FIG. 1 is a schematic configuration diagram showing a grid-connected power generation system according to an embodiment of the present invention, FIG. 2 is a block diagram of the embodiment, and FIG.
The figure is a schematic configuration diagram showing a conventional grid-connected power generation facility. DESCRIPTION OF SYMBOLS 1 ... Grid-connected power generation equipment, 2 ... Power company, 4 ... Synchronous generator, 7 ... Voltage setting device, 9 ... Exciter, 11 ... Circuit breaker, 12 ... Automatic voltage regulator, 13 ………………………………………………….

Claims (2)

(57) [Claims] A synchronous generator, an AC exciter for controlling a field current of the synchronous generator, and an AC exciter based on an output voltage of the synchronous generator and a value set by an output voltage setter.

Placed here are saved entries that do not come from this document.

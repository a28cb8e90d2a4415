-- ===== src/Cluster/Lossy/Turns.antt =====
-- The turns of `Put` at willing followers, over a network that loses calls of the retry loop
-- (server/server.go).
use committer.Prelude.{
  ℕ, zero, suc, ◌≡◌, inl, inr, ◌≤◌, refl, sym, subst, String, none, some, List, [], ◌∷◌, ◌++◌, All,
  arith, length,
}
use committer.Proto.{Entry, PrecommitRequest, ack, answer, fails, unavailable}
use committer.Cache.{get-set}
use committer.Cache
use committer.Database
use committer.Database.{Database}
use committer.Server.Handlers.{Node, is_ack, precommit}
use committer.Server.Commit.{commit-Stored}
use committer.Cluster.{Session, Fate, delivered, client_side, continue}
use committer.Cluster.Notes.{Log, note_propose, note_prepared, note_commit, note_committed}
use committer.Cluster.Rounds.{asks, choose, round, propose_turn-suc}
use committer.Cluster.Stages.{
  Turn, log, with_log, propose_request, catch_up, cache_entry, confirm, vote, propose_call,
  propose_turn, answered, precommit_turn, commit_turn, commit_request,
}
use committer.Cluster.Commits.{commits, precommits}
use committer.Cluster.Watched.{Keeps}
use committer.Cluster.Lossy.Calls.{
  IsLost, Calm, Willing, Holds, later, call-delivered, call-lost, propose-Willing,
  precommit-Willing, later-Calm, later-Calm_nil,
}

module _ (database : Database) (a : String) (h : ℕ) (e : Entry) where
  -- A turn that goes on, with what holds of both sides after it.
  pub record Passes (net : List Fate) (P : Log → Type 0) (w : Turn database) : Type 0 where
    pub goes_on : w.0 ≡ continue
    pub calm : Calm database a h net w.1
    pub tracked : P (log database w.1)
    pub held : Holds database h e w.1.self
    pub willing : Willing database a h w.2
    pub cached : Holds database h e w.2

  pub with_log-Calm :
      (net : List Fate) (l : Log) (s : Session database)
      → Calm database a h net s
      → Calm database a h net (with_log database l s)
  with_log-Calm net l s c = record {
    in_time = c.in_time;
    seen = c.seen;
    level = c.level;
    coming = c.coming;
  }

  cache_entry-Calm :
      (net : List Fate) (s : Session database)
      → Calm database a h net s
      → Calm database a h net (cache_entry database e s)
  cache_entry-Calm net s c = record {
    in_time = c.in_time;
    seen = c.seen;
    level = c.level;
    coming = c.coming;
  }

  cache_entry-Holds :
      (net : List Fate) (s : Session database)
      → Calm database a h net s
      → Holds database h e (cache_entry database e s).self
  cache_entry-Holds net s c = rw get-set (ground (arith, c.level))

  -- A response at the coordinator's own height changes nothing.
  catch_up-eq_self :
      (net : List Fate) (s : Session database)
      → Calm database a h net s
      → catch_up database (answer ack h).response s ≡ s
  unfolding catch_up
  catch_up-eq_self net s c = ground (arith, c.level)

  propose_call-delivered :
      (net : List Fate) (s : Session database) (f : Node database)
      → Calm database a h (delivered ∷ net) s
      → Willing database a h f
      → propose_call database e s f ≡ (answer ack h, later database s, (asks database e s f).1)
  unfolding propose_call propose_request client_side
  propose_call-delivered net s f c w =
      let (reply, _, _) = propose-Willing database a h f (propose_request database s e) w c.level in
      rw (call-delivered database a h (delivered ∷ net) s f (asks database e s) c w refl) (
        rw reply (
          rw (catch_up-eq_self net (later database s) (later-Calm database a h delivered net s c))
            refl))

  propose_call-lost :
      (x : Fate) (net : List Fate) (s : Session database) (f : Node database)
      → Calm database a h (x ∷ net) s
      → Willing database a h f
      → IsLost x
      → (f' : Node database) × Willing database a h f'
        × (propose_call database e s f ≡ (fails unavailable, later database s, f'))
  unfolding propose_call propose_request catch_up
  propose_call-lost x net s f c w lost =
      let (_, after, _) = propose-Willing database a h f (propose_request database s e) w c.level in
      elim (call-lost database a h x net s f (asks database e s) c w lost) [
        | inl same ↦ (f, w, rw same refl)
        | inr ran ↦ ((asks database e s f).1, after, rw ran refl)
      ]

  -- The vote on an acknowledgement.
  vote-Passes :
      (net : List Fate) (pid : ℕ) (P Q : Log → Type 0) (s : Session database) (f : Node database)
      → Keeps (note_prepared pid) P Q
      → Calm database a h net s
      → P (log database s)
      → Willing database a h f
      → Holds database h e f
      → Passes net Q (vote database pid e none (answer ack h).response s f)
  unfolding vote confirm is_ack
  vote-Passes net pid P Q s f keeps c p w held =
      let (l, ran, q) = keeps (log database s) p in
      let t = cache_entry database e s in
      rw ran (record {
        goes_on = refl;
        calm = with_log-Calm net l t (cache_entry-Calm net s c);
        tracked = q;
        held = cache_entry-Holds net s c;
        willing = w;
        cached = held;
      })

  -- The retry loop: each loss costs one round.
  pub propose_turn-Passes :
      (losses net : List Fate) (fuel pid : ℕ) (P Q : Log → Type 0) (s : Session database)
      (f : Node database)
      → length losses ≤ fuel
      → All IsLost losses
      → Keeps (note_propose pid) P P
      → Keeps (note_prepared pid) P Q
      → Calm database a h (losses ++ delivered ∷ net) s
      → P (log database s)
      → Willing database a h f
      → Passes net Q (propose_turn database (suc fuel) e pid s f)
  unfolding round choose propose_request is_ack
  propose_turn-Passes [] net fuel pid P Q s f le all asked prepared c p w =
      let (l, ran, p') = asked (log database s) p in
      let t = with_log database l s in
      let c' = with_log-Calm (delivered ∷ net) l s c in
      let (_, after, held) =
        propose-Willing database a h f (propose_request database t e) w c'.level in
      rw (propose_turn-suc database fuel pid e s f) (
        rw ran (
          rw (propose_call-delivered net t f c' w) (
            vote-Passes net pid P Q (later database t) (asks database e t f).1 prepared
              (later-Calm database a h delivered net t c') p' after held)))
  propose_turn-Passes (x ∷ losses) net zero pid P Q s f le all asked prepared c p w =
      absurd (omega (arith, le))
  propose_turn-Passes (x ∷ losses) net (suc fuel) pid P Q s f le all asked prepared c p w =
      let (l, ran, p') = asked (log database s) p in
      let t = with_log database l s in
      let rest = losses ++ delivered ∷ net in
      let c' = with_log-Calm (x ∷ rest) l s c in
      let (f', w', lost) = propose_call-lost x rest t f c' w all.0 in
      rw (propose_turn-suc database (suc fuel) pid e s f) (
        rw ran (
          rw lost (
            propose_turn-Passes losses net fuel pid P Q (later database t) f' (omega (arith, le))
              all.1 asked prepared (later-Calm database a h x rest t c') p' w')))

  pub precommit_turn-Passes :
      (pid : ℕ) (P : Log → Type 0) (s : Session database) (f : Node database)
      → Calm database a h [] s
      → P (log database s)
      → Holds database h e s.self
      → Willing database a h f
      → Holds database h e f
      → Passes [] P (precommit_turn database pid s f)
  unfolding precommit_turn answered client_side precommit
  precommit_turn-Passes pid P s f c p mine w held =
      let req : PrecommitRequest = record { index = s.self.height } in
      let (_, after, kept) = precommit-Willing database a h e f req w held in
      rw (call-delivered database a h [] s f (precommits database s) c w refl) (record {
        goes_on = refl;
        calm = later-Calm_nil database a h s c;
        tracked = p;
        held = mine;
        willing = after;
        cached = kept;
      })

  -- The last turns: the followers' state does not matter any more.
  pub record Ends (P : Log → Type 0) (w : Turn database) : Type 0 where
    pub goes_on : w.0 ≡ continue
    pub calm : Calm database a h [] w.1
    pub tracked : P (log database w.1)

  pub commit_turn-Ends :
      (pid : ℕ) (P Q R : Log → Type 0) (s : Session database) (f : Node database)
      (d : database.State)
      → database.put f.db e.key e.value ≡ Database.ok d
      → Keeps (note_commit pid) P Q
      → Keeps (note_committed pid) Q R
      → Calm database a h [] s
      → P (log database s)
      → Willing database a h f
      → Holds database h e f
      → Ends R (commit_turn database pid s f)
  unfolding commit_turn answered client_side
  commit_turn-Ends pid P Q R s f d put sent done c p w held =
      let (l, ran, q) = sent (log database s) p in
      let t = with_log database l s in
      let c' = with_log-Calm [] l s c in
      let req = commit_request database t in
      let found =
        subst (λ i. Cache.get f.node_cache i ≡ some (record { key = e.key; value = e.value }))
          (sym c'.level) held in
      let stored =
        commit-Stored database f req (record { key = e.key; value = e.value }) d (w.commits req)
          found put in
      let u = later database t in
      let (l', ran', r) = done (log database u) q in
      rw ran (
        rw (call-delivered database a h [] t f (commits database t) c' w refl) (
          rw stored.acked (
            rw ran' (record {
              goes_on = refl;
              calm = with_log-Calm [] l' u (later-Calm_nil database a h t c');
              tracked = r;
            }))))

An automatic voltage regulator for controlling the field current of the system, in a system interconnection power generation facility that performs system interconnection with other power generation facilities, an operation mode detection unit that detects whether the system is connected to the system or during independent operation. Setting means for setting an upper limit of the output of the automatic voltage regulator when the operation mode detecting means detects that the system is connected to a grid, and wherein the setting means comprises the automatic voltage regulator. A circuit for supplying a set voltage to the system, wherein the circuit is provided with a switch that is turned ON by detecting that the operation mode detecting means is at the time of system interconnection. Interconnected power generation equipment. 2. The grid-connected power generation equipment according to claim 1, further comprising a set value canceling means for arbitrarily canceling the set value of said setting means.